Saved entries
>>>

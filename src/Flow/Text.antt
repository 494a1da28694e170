-- ===== src/Flow/Text.antt =====
-- The flow tree as text (internal/flow/text.go): the lines that WriteText writes to a writer that takes
-- them all. A detail is cut between characters.
pub mod Lines
use interactivecodebase.Base.{
  ℕ, suc, none, some, ◌+◌, ◌≡◌, refl, String, ◌<>◌, ◌==◌, string_eq, Bool, true, false, not, ◌&&◌,
  List, [], ◌∷◌, ◌++◌, ltb, length, if◌then◌else◌, ap, arith,
}
use interactivecodebase.Base.Text.{decimal, cut_prefix, split}
use interactivecodebase.Graph.Kinds.{route, entry, sql_table, interface_call, dispatches_to}
use interactivecodebase.Graph.Model.{Node, attr}
use interactivecodebase.Flow.Tree.{Info, Step, step, Steps, nil, cons, is_sink, visit, visit_all}
use interactivecodebase.Mermaid.Sequence.{collapse, bytes, first_bytes, last_part}

abbrev pub max_len : ℕ
max_len = 90

-- `summary`
unfoldable pub step_summary : String → String
step_summary s =
    let words = collapse false false s in
    if ltb max_len (bytes words) then first_bytes max_len words <> "…" else words

-- A name under its package, which stands before the receiver of a method.
abbrev pub qualified : String → String → String → String
qualified before pkg rest = before <> (pkg <> ("." <> rest))

unfoldable pub short_name : Node → String
short_name n =
    let pkg = last_part (split b'/' n.package_path) in
    if pkg == "" then n.name else (elim (cut_prefix n.name "(*") [
      | some rest ↦ qualified "(*" pkg rest
      | none ↦ elim (cut_prefix n.name "(") [
        | some rest ↦ qualified "(" pkg rest
        | none ↦ qualified "" pkg n.name
      ]
    ])

-- The position behind a step, which a table does not have.
unfoldable pub place : Node → String
place n =
    if not (n.pos.file == "") && not (n.kind == sql_table)
    then "  " <> (n.pos.file <> (":" <> decimal n.pos.start_line))
    else ""

unfoldable pub state_note : Info → String
state_note i =
    if i.cycle
    then "  (recursive)"
    else if i.ref
    then "  (see above)"
    else if i.truncated
    then "  (depth limit)"
    else ""

-- `%q` is a parameter.
module _ (quote : String → String) where
  -- What a step is, by its kind.
  unfoldable pub kind_text : Info → String
  kind_text i =
      let n = i.node in
      let columns = attr i.edge.attrs "columns" in
      let detail = step_summary n.detail in
      if n.kind == route
      then n.name
      else if n.kind == entry
      then attr n.attrs "entryKind" <> (" " <> n.name)
      else if n.kind == sql_table
      then "table "
        <> (n.name
            <> (" ("
                <> (attr i.edge.attrs "op"
                    <> ((if columns == "" then "" else ": " <> columns) <> ")"))))
      else if is_sink n
      then n.kind <> (" " <> (n.name <> (if detail == "" then "" else " " <> quote detail)))
      else if n.kind == interface_call
      then "interface " <> n.name
      else short_name n

  -- `label`
  unfoldable pub step_label : Info → String
  step_label i =
      let branch = attr i.edge.attrs "branch" in
      kind_text i
      <> ((if i.edge.kind == dispatches_to then " [impl]" else "")
          <> ((if ltb 1 i.calls then " ×" <> decimal i.calls else "")
              <> ((if branch == "" then "" else " ∥" <> branch) <> (place i.node <> state_note i))))

  -- A step that is not the root, under its prefix; the last of its parent's children ends the branch.
  unfoldable mutual
    pub write_child : String → Bool → Step → List String
    write_child prefix last (step i ss) =
        (prefix <> ((if last then "└─ " else "├─ ") <> step_label i))
        ∷ write_children (prefix <> (if last then "   " else "│  ")) ss

    pub write_children : String → Steps → List String
    write_children prefix nil = []
    write_children prefix (cons s nil) = write_child prefix true s
    write_children prefix (cons s (cons t more)) =
        write_child prefix false s ++ write_children prefix (cons t more)

  -- `WriteText`
  unfoldable pub write_text : Step → List String
  write_text (step i ss) = step_label i ∷ write_children "" ss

<<<

> **Instructions for the task**: Exactly as they appear above, print all the entries.

> **Response area**:
filename src/Flow/Text.antt
repository 494a1da28694e170
-- ===== src/Flow/Text.antt =====
-- The flow tree as text (internal/flow/text.go): the lines that WriteText writes to a writer that takes
-- them all. A detail is cut between characters.
pub mod Lines
use interactivecodebase.Base.{
  ℕ, suc, none, some, ◌+◌, ◌≡◌, refl, String, ◌<>◌, ◌==◌, string_eq, Bool, true, false, not, ◌&&◌,
  List, [], ◌∷◌, ◌++◌, ltb, length, if◌then◌else◌, ap, arith,
}
use interactivecodebase.Base.Text.{decimal, cut_prefix, split}
use interactivecodebase.Graph.Kinds.{route, entry, sql_table, interface_call, dispatches_to}
use interactivecodebase.Graph.Model.{Node, attr}
use interactivecodebase.Flow.Tree.{Info, Step, step, Steps, nil, cons, is_sink, visit, visit_all}
use interactivecodebase.Mermaid.Sequence.{collapse, bytes, first_bytes, last_part}

abbrev pub max_len : ℕ
max_len = 90

-- `summary`
unfoldable pub step_summary : String → String
step_summary s =
    let words = collapse false false s in
    if ltb max_len (bytes words) then first_bytes max_len words <> "…" else words

-- A name under its package, which stands before the receiver of a method.
abbrev pub qualified : String → String → String → String
qualified before pkg rest = before <> (pkg <> ("." <> rest))

unfoldable pub short_name : Node → String
short_name n =
    let pkg = last_part (split b'/' n.package_path) in
    if pkg == "" then n.name else (elim (cut_prefix n.name "(*") [
      | some rest ↦ qualified "(*" pkg rest
      | none ↦ elim (cut_prefix n.name "(") [
        | some rest ↦ qualified "(" pkg rest
        | none ↦ qualified "" pkg n.name
      ]
    ])

-- The position behind a step, which a table does not have.
unfoldable pub place : Node → String
place n =
    if not (n.pos.file == "") && not (n.kind == sql_table)
    then "  " <> (n.pos.file <> (":" <> decimal n.pos.start_line))
    else ""

unfoldable pub state_note : Info → String
state_note i =
    if i.cycle
    then "  (recursive)"
    else if i.ref
    then "  (see above)"
    else if i.truncated
    then "  (depth limit)"
    else ""

-- `%q` is a parameter.
module _ (quote : String → String) where
  -- What a step is, by its kind.
  unfoldable pub kind_text : Info → String
  kind_text i =
      let n = i.node in
      let columns = attr i.edge.attrs "columns" in
      let detail = step_summary n.detail in
      if n.kind == route
      then n.name
      else if n.kind == entry
      then attr n.attrs "entryKind" <> (" " <> n.name)
      else if n.kind == sql_table
      then "table "
        <> (n.name
            <> (" ("
                <> (attr i.edge.attrs "op"
                    <> ((if columns == "" then "" else ": " <> columns) <> ")"))))
      else if is_sink n
      then n.kind <> (" " <> (n.name <> (if detail == "" then "" else " " <> quote detail)))
      else if n.kind == interface_call
      then "interface " <> n.name
      else short_name n

  -- `label`
  unfoldable pub step_label : Info → String
  step_label i =
      let branch = attr i.edge.attrs "branch" in
      kind_text i
      <> ((if i.edge.kind == dispatches_to then " [impl]" else "")
          <> ((if ltb 1 i.calls then " ×" <> decimal i.calls else "")
              <> ((if branch == "" then "" else " ∥" <> branch) <> (place i.node <> state_note i))))

  -- A step that is not the root, under its prefix; the last of its parent's children ends the branch.
  unfoldable mutual
    pub write_child : String → Bool → Step → List String
    write_child prefix last (step i ss) =
        (prefix <> ((if last then "└─ " else "├─ ") <> step_label i))
        ∷ write_children (prefix <> (if last then "   " else "│  ")) ss

    pub write_children : String → Steps → List String
    write_children prefix nil = []
    write_children prefix (cons s nil) = write_child prefix true s
    write_children prefix (cons s (cons t more)) =
        write_child prefix false s ++ write_children prefix (cons t more)

  -- `WriteText`
  unfoldable pub write_text : Step → List String
  write_text (step i ss) = step_label i ∷ write_children "" ss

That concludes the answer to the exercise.